Mas é sempre tardiamente que nos apercebemos de que tem um imenso valor aquilo que fomos cedendo gratuitamente, em troca de algo que acreditávamos que era gratuito. Por exemplo, os nossos dados. O que o capitalismo hoje possui não é uma mercadoria material, é a nossa própria despossessão. Foi assim que a “riqueza das nações” foi hoje substituída pela “riqueza das redes”, como anunciou o professor de direito económico em Harvard, Yochai Benkler.

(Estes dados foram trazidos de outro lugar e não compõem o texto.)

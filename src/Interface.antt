-- ===== src/Interface.antt =====
-- The interfaces of the channel driver, src/chan_extra/src/chan_extra.c: the list they are in, and
-- how one is found for a call.
pub mod Answer
pub mod Chain
pub mod Destroy
pub mod Extract
pub mod Insert
pub mod Links
pub mod Request
pub mod Route
pub mod Search
pub mod Sorted
mod Tests
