-- ===== src/Interface/Links.antt =====
-- The list of interfaces: `extra_iflist_insert` and `extra_iflist_extract` of
-- src/chan_extra/src/chan_extra.c. An interface (struct extra_pvt) is its reference.
use chan_extra.Prelude.{
  ℕ, zero, suc, ℤ, less, Bool, true, false, Option, none, some, ◌==◌, if◌then◌else◌,
}

-- The fields `channel`, `span`, `manages_span_alarms`, `prev`, `next` and `which_iflist` of the
-- interfaces, by reference, with `iflist` and `ifend`. `listed` stands for EXTRA_IFLIST_MAIN.
pub record Links : Type 0 where
  pub channel : ℕ → ℤ
  pub span : ℕ → ℕ
  pub manages_span_alarms : ℕ → Bool
  pub prev : ℕ → Option ℕ
  pub next : ℕ → Option ℕ
  pub listed : ℕ → Bool
  pub iflist : Option ℕ
  pub ifend : Option ℕ

-- A field of one interface is written.
abbrev pub write {ℓ} : {A : Type ℓ} → (ℕ → A) → ℕ → A → ℕ → A
write f k v x = if x == k then v else f x

-- A field of the interface that a pointer is to, where there is one.
abbrev pub write_at {ℓ} : {A : Type ℓ} → (ℕ → A) → Option ℕ → A → ℕ → A
write_at f none v = f
write_at f (some k) v = write f k v

abbrev pub or_else : Option ℕ → Option ℕ → Option ℕ
or_else none o = o
or_else (some k) o = some k

-- The new interface `r` goes before `cur`.
unfoldable pub insert_before : Links → ℕ → ℕ → Links
insert_before st r cur =
    let before = st.prev cur in
    record st {
      prev = write (write st.prev r before) cur (some r);
      next = write_at (write st.next r (some cur)) before (some r);
      iflist = elim before [ none ↦ some r | some p ↦ st.iflist ];
    }

unfoldable pub insert_end : Links → ℕ → Links
insert_end st r = record st {
  prev = write st.prev r st.ifend;
  next = write_at (write st.next r none) st.ifend (some r);
  ifend = some r;
  iflist = or_else st.iflist (some r);
}

-- The loop from `cur` on, with as many rounds as interfaces and one.
unfoldable pub insert_loop : ℕ → Links → ℕ → Option ℕ → Links
unfolding insert_before insert_end
insert_loop n st r none = insert_end st r
insert_loop zero st r (some cur) = st
insert_loop (suc n) st r (some cur) = elim (less (st.channel r) (st.channel cur)) [
  | true ↦ insert_before st r cur
  | false ↦ insert_loop n st r (st.next cur)
]

unfoldable pub extra_iflist_insert : ℕ → Links → ℕ → Links
unfolding insert_loop
extra_iflist_insert n st r =
    insert_loop n (record st { listed = write st.listed r true }) r st.iflist

abbrev pub is_at : Option ℕ → ℕ → Bool
is_at none r = false
is_at (some k) r = k == r

-- Out of the forward chain, then out of the reverse one, whose ends are in the maps as they are by
-- then.
unfoldable pub extra_iflist_extract : Links → ℕ → Links
extra_iflist_extract st r =
    let next1 = write_at st.next (st.prev r) (st.next r) in
    let iflist1 : Option ℕ = elim (st.prev r) [
      | some p ↦ st.iflist
      | none ↦ if is_at st.iflist r then next1 r else st.iflist
    ] in
    let prev1 = write_at st.prev (next1 r) (st.prev r) in
    let ifend1 : Option ℕ = elim (next1 r) [
      | some n ↦ st.ifend
      | none ↦ if is_at st.ifend r then prev1 r else st.ifend
    ] in
    record st {
      iflist = iflist1;
      ifend = ifend1;
      listed = write st.listed r false;
      prev = write prev1 r none;
      next = write next1 r none;
    }
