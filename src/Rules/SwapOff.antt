-- ===== src/Rules/SwapOff.antt =====
-- Which lines of /etc/fstab are written back
use eks_hybrid.Base.{
  codes, ◌≡◌, ◌≢◌, ◌⊎◌, inl, inr, refl, arith, subst, true, false, Bool-cases, Option, List, [],
  ◌∷◌, ok, wrap_err,
}
use eks_hybrid.Machine.{Bytes}
use eks_hybrid.Machine.Triple.{wrap_err-eq-ok}
use eks_hybrid.Artifact.Checksum.{bytes_eq}
use eks_hybrid.Artifact.Verified.{bytes_eq→eq}
use eks_hybrid.Release.Chosen.{>>=-ok}
use eks_hybrid.Rules.Swap.{
  Mount, fields_from, trim_left, is_comment, mount_of, parse_fstab_line, is_swap, kept_lines,
}

abbrev pub swap_type : Bytes
swap_type = codes "swap"

-- The line is blank, or its first byte that is no space is a number sign.
abbrev pub IsComment : Bytes → Type 0
IsComment [] = Unit
IsComment (c ∷ cs) = c ≡ 35

is_comment-IsComment : (b : Bytes) → is_comment b ≡ true → IsComment b
is_comment-IsComment [] e = tt
is_comment-IsComment (c ∷ cs) e = ground (arith, e)

is_comment-no : (b : Bytes) → is_comment b ≡ false → ¬ IsComment b
is_comment-no [] e = cc
is_comment-no (c ∷ cs) e = λ q. ground (arith, e, q)

-- The line is no comment, and the third of its fields is `swap`.
abbrev pub MountsSwap : Bytes → Type 0
MountsSwap line =
    (a : Bytes) × (b : Bytes) × (rest : List Bytes) × (¬ IsComment (trim_left line))
    × (fields_from [] (trim_left line) ≡ a ∷ b ∷ swap_type ∷ rest)

-- The line is blank or a comment, or the third of its fields is another.
abbrev pub MountsNone : Bytes → Type 0
MountsNone line =
    IsComment (trim_left line)
    ⊎ ((a : Bytes) × (b : Bytes) × (c : Bytes) × (rest : List Bytes) × (fields_from []
            (trim_left line)
          ≡ a ∷ b ∷ c ∷ rest)
        × (c ≢ swap_type))

-- The lines that mount swap are left out, and all others are kept, in their order.
pub data WithoutSwap : List Bytes → List Bytes → Type 0 where
  no_line : WithoutSwap [] []
  kept :
      {lines out : List Bytes} (line : Bytes)
      → MountsNone line
      → WithoutSwap lines out
      → WithoutSwap (line ∷ lines) (line ∷ out)
  dropped :
      {lines out : List Bytes} (line : Bytes)
      → MountsSwap line
      → WithoutSwap lines out
      → WithoutSwap (line ∷ lines) out

injective : {A : Type 0} {x y : A} → ok x ≡ ok y → x ≡ y
injective e = cc

bytes_eq_refl : (b : Bytes) → bytes_eq b b ≡ true
unfolding bytes_eq
bytes_eq_refl [] = refl
bytes_eq_refl (x ∷ b) = ground (arith, bytes_eq_refl b)

-- what a line is by the mount that was parsed
abbrev Parsed : Bytes → Option Mount → Type 0
Parsed line m = (is_swap m ≡ true × MountsSwap line) ⊎ (is_swap m ≡ false × MountsNone line)

bytes_eq-ne : (a b : Bytes) → bytes_eq a b ≡ false → a ≢ b
bytes_eq-ne a b e q = let s = bytes_eq_refl b in let t = (rw q at e) in cc

of_fields :
    (line : Bytes) (fields : List Bytes) (m : Option Mount)
    → is_comment (trim_left line) ≡ false
    → fields_from [] (trim_left line) ≡ fields
    → mount_of fields ≡ ok m
    → Parsed line m
of_fields line [] m n f e = cc
of_fields line (a ∷ []) m n f e = cc
of_fields line (a ∷ b ∷ []) m n f e = cc
of_fields line (a ∷ b ∷ c ∷ rest) m n f e =
    subst (Parsed line) (injective e) (elim (Bool-cases (bytes_eq c swap_type)) [
      | inl s ↦ inl (
        s,
        (
          a,
          b,
          rest,
          is_comment-no _ n,
          subst (λ x. fields_from [] (trim_left line) ≡ a ∷ b ∷ x ∷ rest)
              (bytes_eq→eq c swap_type s) f,
        ),
      )
      | inr s ↦ inr (s, inr (a, b, c, rest, f, bytes_eq-ne c swap_type s))
    ])

parse_fstab_line-Parsed :
    (line : Bytes) (m : Option Mount) → parse_fstab_line line ≡ ok m → Parsed line m
unfolding parse_fstab_line
parse_fstab_line-Parsed line m e = elim (Bool-cases (is_comment (trim_left line))) [
  | inl c ↦ subst (Parsed line) (injective (rw c at e)) (inr (refl, inl (is_comment-IsComment _ c)))
  | inr c ↦ of_fields line _ m c refl (rw c at e)
]

-- When the lines parse, those that mount swap are left out of what is written back.
pub kept_lines-WithoutSwap :
    (lines out : List Bytes) → kept_lines lines ≡ ok out → WithoutSwap lines out
unfolding kept_lines
kept_lines-WithoutSwap [] out e = subst (WithoutSwap []) (injective e) no_line
kept_lines-WithoutSwap (line ∷ lines) out e =
    let (m, (p, e1)) = >>=-ok (wrap_err _ (parse_fstab_line line)) _ e in
    let (rest, (q, e2)) = >>=-ok (kept_lines lines) _ e1 in
    let w = kept_lines-WithoutSwap lines rest q in
    elim (parse_fstab_line-Parsed line m (wrap_err-eq-ok _ _ p)) [
      | inl (s, y) ↦ subst (WithoutSwap (line ∷ lines)) (injective (rw s at e2)) (dropped line y w)
      | inr (s, n) ↦ subst (WithoutSwap (line ∷ lines)) (injective (rw s at e2)) (kept line n w)
    ]
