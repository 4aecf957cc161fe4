-- ===== src/System/SwapGone.antt =====
-- What the swap aspect leaves of /etc/fstab
use eks_hybrid.Base.{
  String, str_eq_iff, ◌≡◌, refl, sym, ap, subst, ◌∙◌, arith, not, [], ◌∷◌, errorf, not_exist, wrap,
  join_cons, join_end, panic, Option, none, some, Option-cases, List, All, Result, ok, err, IsOk,
}
use eks_hybrid.Machine.{
  Bytes, World, Host, copy, service, stat, act, guard, lift, os_open, os_open_trunc, io_copy,
  or_empty,
}
use eks_hybrid.Machine.Triple.{Keeps, Keeps-bind, Keeps-lift, Keeps-guard, Keeps-reporting}
use eks_hybrid.Machine.Frame.{At, At-act, At-os_open}
use eks_hybrid.Machine.Success.{answered, at_last}
use eks_hybrid.Rules.Swap.{SwapArea, kept_lines, partition_swap_exists}
use eks_hybrid.Rules.SwapOff.{WithoutSwap, kept_lines-WithoutSwap}
use eks_hybrid.Machine.Lines.{scan, unlines, IsLine, scan-unlines}
use eks_hybrid.System.SwapSetup.{
  contents, paths_in, get_swapfile_paths, off_after, turn_off, swap_off, partition_found,
  rewrite_fstab, disable_swap_on_fstab, set_up_swap,
}

-- The file holds those of the lines that mount no swap.
abbrev pub IsRewritten : List Bytes → World → Type 0
IsRewritten lines v =
    (out : List Bytes) × WithoutSwap lines out × (v.files "/etc/fstab" ≡ some (unlines out))

ok_injective : {a b : Bytes} → ok a ≡ ok b → a ≡ b
ok_injective e = cc

module _ (h : Host) where
  io_copy-file :
      (p : String) (b : Bytes) (w : World)
      → IsOk (io_copy h p b w).0
      → (io_copy h p b w).1.files p ≡ some b
  unfolding io_copy
  io_copy-file p b w o =
      ground (arith, (str_eq_iff p p).1 refl, Option-cases (h.act w.trace (copy p)))

  module _ (text : Bytes → String) (areas_file : String) where
    rewrite_fstab-file :
        (lines : List Bytes) (w : World)
        → IsOk (rewrite_fstab h text areas_file lines w).0
        → (rewrite_fstab h text areas_file lines w).1.files "/etc/fstab" ≡ some (unlines lines)
    unfolding rewrite_fstab
    rewrite_fstab-file lines =
        at_last _ (λ r. r.1.files "/etc/fstab" ≡ some (unlines lines))
          (os_open_trunc h "/etc/fstab")
          (λ _.
            at_last _ (λ r. r.1.files "/etc/fstab" ≡ some (unlines lines))
              (act h (service "seek /etc/fstab"))
              (λ _ v. io_copy-file "/etc/fstab" (unlines lines) v))

    module _ {o : Option Bytes} where
      paths_in-Keeps :
          (r : Result (Unit {0})) → Keeps (At "/etc/fstab" o) (paths_in h text areas_file r)
      paths_in-Keeps (ok u) = Keeps-bind _ _ (record { at = λ w p. p }) (λ b. Keeps-lift _)
      paths_in-Keeps (err (errorf s)) = record { at = λ w p. p }
      paths_in-Keeps (err not_exist) = record { at = λ w p. p }
      paths_in-Keeps (err (wrap s e)) = record { at = λ w p. p }
      paths_in-Keeps (err (join_cons e es)) = record { at = λ w p. p }
      paths_in-Keeps (err join_end) = record { at = λ w p. p }
      paths_in-Keeps (err (panic s)) = record { at = λ w p. p }

      get_swapfile_paths-Keeps : Keeps (At "/etc/fstab" o) (get_swapfile_paths h text areas_file)
      unfolding get_swapfile_paths
      get_swapfile_paths-Keeps = record {
        at = λ w p.
            let (r, v) = os_open h areas_file w in
            (paths_in-Keeps r).at v ((At-os_open h areas_file).at w p);
      }

      off_after-Keeps :
          (a : SwapArea) (r : Result (Unit {0}))
          → Keeps (At "/etc/fstab" o) (off_after h text areas_file a r)
      off_after-Keeps a (ok u) = Keeps-reporting _ _ (At-act h _)
      off_after-Keeps a (err (errorf s)) = record { at = λ w p. p }
      off_after-Keeps a (err not_exist) = record { at = λ w p. p }
      off_after-Keeps a (err (wrap s e)) = record { at = λ w p. p }
      off_after-Keeps a (err (join_cons e es)) = record { at = λ w p. p }
      off_after-Keeps a (err join_end) = record { at = λ w p. p }
      off_after-Keeps a (err (panic s)) = record { at = λ w p. p }

      turn_off-Keeps : (a : SwapArea) → Keeps (At "/etc/fstab" o) (turn_off h text areas_file a)
      unfolding turn_off
      turn_off-Keeps a = record {
        at = λ w p.
            let (r, v) = act h (stat (text a.file_path)) w in
            (off_after-Keeps a r).at v ((At-act h (stat (text a.file_path))).at w p);
      }

      swap_off-Keeps :
          (areas : List (Option SwapArea))
          → Keeps (At "/etc/fstab" o) (swap_off h text areas_file areas)
      unfolding swap_off
      swap_off-Keeps [] = record { at = λ w p. p }
      swap_off-Keeps (none ∷ areas) = Keeps-lift _
      swap_off-Keeps (some a ∷ areas) =
          Keeps-bind _ _ (Keeps-guard _ _)
            (λ _. Keeps-bind _ _ (turn_off-Keeps a) (λ _. swap_off-Keeps areas))

    disable_swap_on_fstab-IsRewritten :
        (lines : List Bytes) (w : World)
        → All IsLine lines
        → w.files "/etc/fstab" ≡ some (unlines lines)
        → IsOk (disable_swap_on_fstab h text areas_file w).0
        → IsRewritten lines (disable_swap_on_fstab h text areas_file w).1
    unfolding disable_swap_on_fstab
    disable_swap_on_fstab-IsRewritten lines w a k =
        answered _ (λ r. IsRewritten lines r.1) (os_open h "/etc/fstab") w
          (λ _ _.
            let v = (os_open h "/etc/fstab" w).1 in
            answered _ (λ r. IsRewritten lines r.1) (contents h text areas_file "/etc/fstab") v
              (λ b q.
                let same : b ≡ unlines lines =
                  sym (ok_injective q) ∙ ap or_empty ((At-os_open h "/etc/fstab").at w k) in
                answered _ (λ r. IsRewritten lines r.1) (lift (kept_lines (scan b))) v
                  (λ out e o.
                    let f = subst (λ x. kept_lines (scan x) ≡ ok out) same e in
                    (
                      out,
                      kept_lines-WithoutSwap lines out
                          (subst (λ ls. kept_lines ls ≡ ok out) (scan-unlines lines a) f),
                      rewrite_fstab-file out v o,
                    ))))

    -- When /etc/fstab holds lines, none of which is longer than 65535 bytes or has a carriage return
    -- at its end, and the swap aspect is set up with success, the file holds in their order those of
    -- the lines that are blank, a comment or mount no swap, and no others.
    pub set_up_swap-IsRewritten :
        (lines : List Bytes) (w : World)
        → All IsLine lines
        → w.files "/etc/fstab" ≡ some (unlines lines)
        → IsOk (set_up_swap h text areas_file w).0
        → IsRewritten lines (set_up_swap h text areas_file w).1
    unfolding set_up_swap
    set_up_swap-IsRewritten lines w a k =
        let before = some (unlines lines) in
        let k1 = get_swapfile_paths-Keeps.at w k in
        answered _ (λ r. IsRewritten lines r.1) (get_swapfile_paths h text areas_file) w
          (λ areas _.
            answered _ (λ r. IsRewritten lines r.1) (lift (partition_swap_exists areas)) _
              (λ found _.
                answered _ (λ r. IsRewritten lines r.1) (guard (not found) _) _
                  (λ _ _.
                    let k2 =
                      (Keeps-guard {P = At "/etc/fstab" before} (not found)
                          (partition_found h text areas_file)).at
                        (get_swapfile_paths h text areas_file w).1 k1 in
                    answered _ (λ r. IsRewritten lines r.1) (swap_off h text areas_file areas) _
                      (λ _ _.
                        disable_swap_on_fstab-IsRewritten lines _ a
                          ((swap_off-Keeps areas).at _ k2)))))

Apesar de algumas inibições dos discursos políticos, já se começa a falar aqui e ali de pós-capitalismo. Por exemplo, a revista francesa Multitudes dedicou-lhe o seu primeiro número de 2018, mas sob a forma da interrogação: “Post-capitalisme?”. Aí encontrávamos, entre outros, um artigo de McKenzie Wark, autora do famoso Hacker Manifesto, que tinha um título inquietante. “E se já nem fosse capitalismo, mas algo ainda bem pior?” McKenzie mostra-se ai muito crítica em relação às esperanças progressistas da tradição marxista e encontra boas razões para ver nestes novos vectores do capitalismo algo bem pior do que a antiga “classe capitalista” porque o poder de predação tornou-se total, começa no controle dos meios para fazer circular e gerir a informação aos mecanismos de financiamento que fazem aumentar o valor, passando pelos servidores que recolhem os nossos dados. Todo este poder colossal, como nunca antes houve outro igual, está concentrado neste acrónimo: GAFAM (Google, Aple, Facebook, Amazon, Microsoft). Podemos achar que McKenzie é exageradamente pessimista, indo assim ao encontro daqueles discursos do colapso que exercem hoje um enorme fascínio. Mas o seu “pós-capitalismo” de feições sinistras tem pelo menos um efeito pedagógico: obriga-nos a desconfiar de antigas e modernas ilusões ligadas a visões da história que já estão caducadas.